The Powells ended up spending the next six weeks in a children’s room (with bunk beds) at their friend’s Army duplex.

FDR train pauses at ‘Noplace in the Carolinas’

“The funeral train plunged through the darkness [on April 14, 1945], changing engines and crews again at Salisbury, North Carolina, where 8,000 people (including 145 honor guards from Fort Bragg), stood in silence — and presented still another floral wreath. Sometime after midnight, the train rumbled through Greensboro. The countryside between the big cities was land that one journalist [Jim Bishop]  later termed ‘Noplace in the Carolinas.’ With a schedule to keep, the funeral train simply could not stop in such locales….
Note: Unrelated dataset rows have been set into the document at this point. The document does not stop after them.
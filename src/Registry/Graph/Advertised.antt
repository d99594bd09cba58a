-- ===== src/Registry/Graph/Advertised.antt =====
-- The command graph has one row for each command.
use universal_launcher.Prelude.{
  ℕ, ◌+◌, ◌≤◌, ◌≡◌, refl, sym, ap, ◌∙◌, inl, inr, Bool, true, false, not, Option, none, some, List,
  [], ◌∷◌, ◌++◌, arith, Bool-cases, Option-cases, All, Bytes, bytes_eq, c_string,
}
use mathlib.Core.Path.{subst}
use universal_launcher.View.{at, ok}
use universal_launcher.Memory.{Heap}
use universal_launcher.Registry.Names.{string_equals}
use universal_launcher.Registry.Model.{text_of, Entry, Context, is_missing, size_max}
use universal_launcher.Registry.Store.{find_registered}
use universal_launcher.Registry.Calls.{IsRegistry}
use universal_launcher.Registry.Lookup.{name_of, IsNamed, IsDistinct}
use universal_launcher.Registry.Metadata.{
  Metadata, builtin_commands, find_row, find_builtin, metadata_from_registered, command_is_builtin,
  row_of, builtin_rows, registered_rows, graph_rows,
}
use universal_launcher.Registry.Graph.{set_response, build_command_graph}
use universal_launcher.Registry.Graph.Exact.{graph_text}
use universal_launcher.Registry.Graph.Room.{rows_room, build_command_graph_lem}
use universal_launcher.Registry.Graph.Rows.{
  IsPlain, row_name, IsDistinctRows, advertised, find_row-append, find_row-found, row_found,
  row_of-name, row_of-some, row_of-none, builtin_absent, builtin_present,
  IsDistinctRows-builtin_rows, builtin_name, other_name, registered_name,
}

missing_lem : (m : Option Metadata) → not (is_missing m) ≡ false → m ≡ none
missing_lem none h = refl
missing_lem (some m) h = absurd (ground (arith, h))

module _ (entries : List Entry) (named : All IsNamed entries) (plain : All IsPlain entries) where
  advertised-none :
      (k : Bytes)
      → find_registered entries (at k) ≡ none
      → advertised entries k ≡ find_builtin (at k)
  unfolding advertised
  advertised-none k e = rw (e, advertised) refl

  advertised-some :
      (k : Bytes) (x : Entry)
      → find_registered entries (at k) ≡ some x
      → advertised entries k ≡ some (metadata_from_registered x)
  unfolding advertised
  advertised-some k x e = rw (e, advertised) refl

  -- The rows of the second loop, for a name that is no built-in one.
  own_lem :
      (k : Bytes)
      → find_builtin (at k) ≡ none
      → find_row (registered_rows entries) (at k) ≡ advertised entries k
  unfolding command_is_builtin
  own_lem k h =
      let own : command_is_builtin k ≡ false = ap (λ m. not (is_missing m)) h in
      elim (Option-cases (find_registered entries (at k))) [
        | inl e ↦ other_name entries k named plain own e ∙ sym (advertised-none k e ∙ h)
        | inr (x, e) ↦ registered_name entries k x named plain own e ∙ sym (advertised-some k x e)
      ]

  row_of-advertised :
      (row : Metadata) (k : Bytes)
      → find_builtin (at k) ≡ some row
      → row_name row ≡ k
      → some (row_of entries row) ≡ advertised entries k
  row_of-advertised row k h e = elim (Option-cases (find_registered entries (at k))) [
    | inl f ↦
        let f' = subst (λ (n : Bytes). find_registered entries (at n) ≡ none) (sym e) f in
        ap (λ (r : Metadata). some r) (row_of-none entries named plain row f')
        ∙ sym (advertised-none k f ∙ h)
    | inr (x, f) ↦
        let f' = subst (λ (n : Bytes). find_registered entries (at n) ≡ some x) (sym e) f in
        ap (λ (r : Metadata). some r) (row_of-some entries named plain row x f')
        ∙ sym (advertised-some k x f)
  ]

  find_row-graph_rows : (k : Bytes) → find_row (graph_rows entries) (at k) ≡ advertised entries k
  unfolding graph_rows find_builtin
  find_row-graph_rows k = elim (Option-cases (find_row builtin_commands (at k))) [
    | inl h ↦
        find_row-append (builtin_rows entries builtin_commands) (registered_rows entries) k
          (builtin_absent entries named plain builtin_commands k h)
        ∙ own_lem k h
    | inr (row, h) ↦
        find_row-found (builtin_rows entries builtin_commands) (registered_rows entries) k
          (row_of entries row) (builtin_present entries named plain builtin_commands k row h)
        ∙ row_of-advertised row k h (row_found builtin_commands k row h)
  ]

  All-builtin_rows :
      (rows : List Metadata)
      → All (λ row. command_is_builtin (row_name row) ≡ true) rows
      → All (λ row. command_is_builtin (row_name row) ≡ true) (builtin_rows entries rows)
  unfolding builtin_rows
  All-builtin_rows [] h = tt
  All-builtin_rows (row ∷ rows) h =
      (ap command_is_builtin (row_of-name entries named plain row) ∙ h.0, All-builtin_rows rows h.1)

IsDistinctRows-registered_rows :
    (entries : List Entry)
    → IsDistinct entries
    → All IsNamed entries
    → All IsPlain entries
    → IsDistinctRows (registered_rows entries)
unfolding registered_rows metadata_from_registered
IsDistinctRows-registered_rows [] d n p = tt
IsDistinctRows-registered_rows (x ∷ entries) d n p =
    let rest = IsDistinctRows-registered_rows entries d.1 n.1 p.1 in
    elim (Bool-cases (command_is_builtin (c_string (name_of x)))) [
      | inl skipped ↦ rw (skipped, registered_rows) rest
      | inr kept ↦
          rw (kept, registered_rows)
            (
              other_name entries (c_string (name_of x)) n.1 p.1 kept
                  (subst (λ (k : Bytes). find_registered entries (at k) ≡ none) (sym p.0) d.0),
              rest,
            )
    ]

append_distinct :
    (xs : List Metadata) (entries : List Entry)
    → All IsPlain entries
    → IsDistinctRows xs
    → All (λ row. command_is_builtin (row_name row) ≡ true) xs
    → IsDistinctRows (registered_rows entries)
    → IsDistinctRows (xs ++ registered_rows entries)
append_distinct [] entries p d b r = r
append_distinct (x ∷ xs) entries p d b r = (
  find_row-append xs (registered_rows entries) (row_name x) d.0
      ∙ builtin_name entries (row_name x) p b.0,
  append_distinct xs entries p d.1 b.1 r,
)

builtin_names : All (λ row. command_is_builtin (row_name row) ≡ true) builtin_commands
unfolding builtin_commands command_is_builtin string_equals bytes_eq
builtin_names =
    (refl, (refl, (refl, (refl, (refl, (refl, (refl, (refl, (refl, (refl, (refl, tt)))))))))))

builtin_distinct : IsDistinctRows builtin_commands
unfolding builtin_commands find_row string_equals bytes_eq
builtin_distinct =
    (refl, (refl, (refl, (refl, (refl, (refl, (refl, (refl, (refl, (refl, (refl, tt)))))))))))

IsDistinctRows-graph_rows :
    (entries : List Entry)
    → IsDistinct entries
    → All IsNamed entries
    → All IsPlain entries
    → IsDistinctRows (graph_rows entries)
unfolding graph_rows
IsDistinctRows-graph_rows entries d n p =
    append_distinct (builtin_rows entries builtin_commands) entries p
      (IsDistinctRows-builtin_rows entries n p builtin_commands builtin_distinct)
      (All-builtin_rows entries n p builtin_commands builtin_names)
      (IsDistinctRows-registered_rows entries d n p)

-- On a context that keeps the invariant of the registry and whose names have no zero byte, with
-- an allocator that always delivers, and when the computed capacity is within size_t,
-- command_graph.inspect answers ok with the text of a list of rows, which the context keeps; no
-- two rows have the same name, and the row of a name is the metadata of the command that is
-- registered under it, or else the built-in row, and there is none when the name is neither
-- registered nor built in.
pub build_command_graph-advertised :
    (grants : ℕ → ℕ → Bool) (context : Context) (heap : Heap)
    → IsRegistry context
    → All IsPlain context.entries
    → 512 + rows_room (graph_rows context.entries) ≤ size_max
    → ((n bytes : ℕ) → grants n bytes ≡ true)
    → (rows : List Metadata) × ((build_command_graph grants context heap).response
        ≡ set_response ok (some (c_string (graph_text rows))) none)
      × (text_of (build_command_graph grants context heap).context.graph ≡ graph_text rows)
      × IsDistinctRows rows
      × ((k : Bytes) → find_row rows (at k) ≡ advertised context.entries k)
build_command_graph-advertised grants context heap r p h g =
    let (answers, keeps) = build_command_graph_lem grants context heap h g in
    (
      graph_rows context.entries,
      answers,
      keeps,
      IsDistinctRows-graph_rows context.entries r.distinct r.named p,
      find_row-graph_rows context.entries r.named p,
    )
“The exception was a place — never identified — where the railroad tracks slipped into a narrow cut of earth with farm fields abutting the crevasse on either side….. The locomotives chuffed to a halt beneath a tall wooden water tank….

“As the fireman wrestled the filling spout over the hatch of the first tender, an elderly black sharecropper — awakened by the hiss and clang below — wandered over to investigate. He peered down  and saw the train paused in the ghost light, its windows all dark except for those of the last car, where he saw the flag and knew what it meant.

“Shocked and humbled, the man began to sing ‘Hand Me Down My Walkin’ Cane.’ His sonorous baritone boomed across the moonlit fields, drawing other farm hands out of their shanties. One by one they added their voices to the chorus. One of the engineers looked up, certain he could hear singing from somewhere above and away….”

— From “FDR’s Funeral Train” by Robert Klara (2010)

Klara’s book is authoritative and engaging, but I was disappointed he didn’t make use of reporter LeGette Blythe’s deadline account of the funeral train passing through Charlotte. I’ll post an excerpt tomorrow.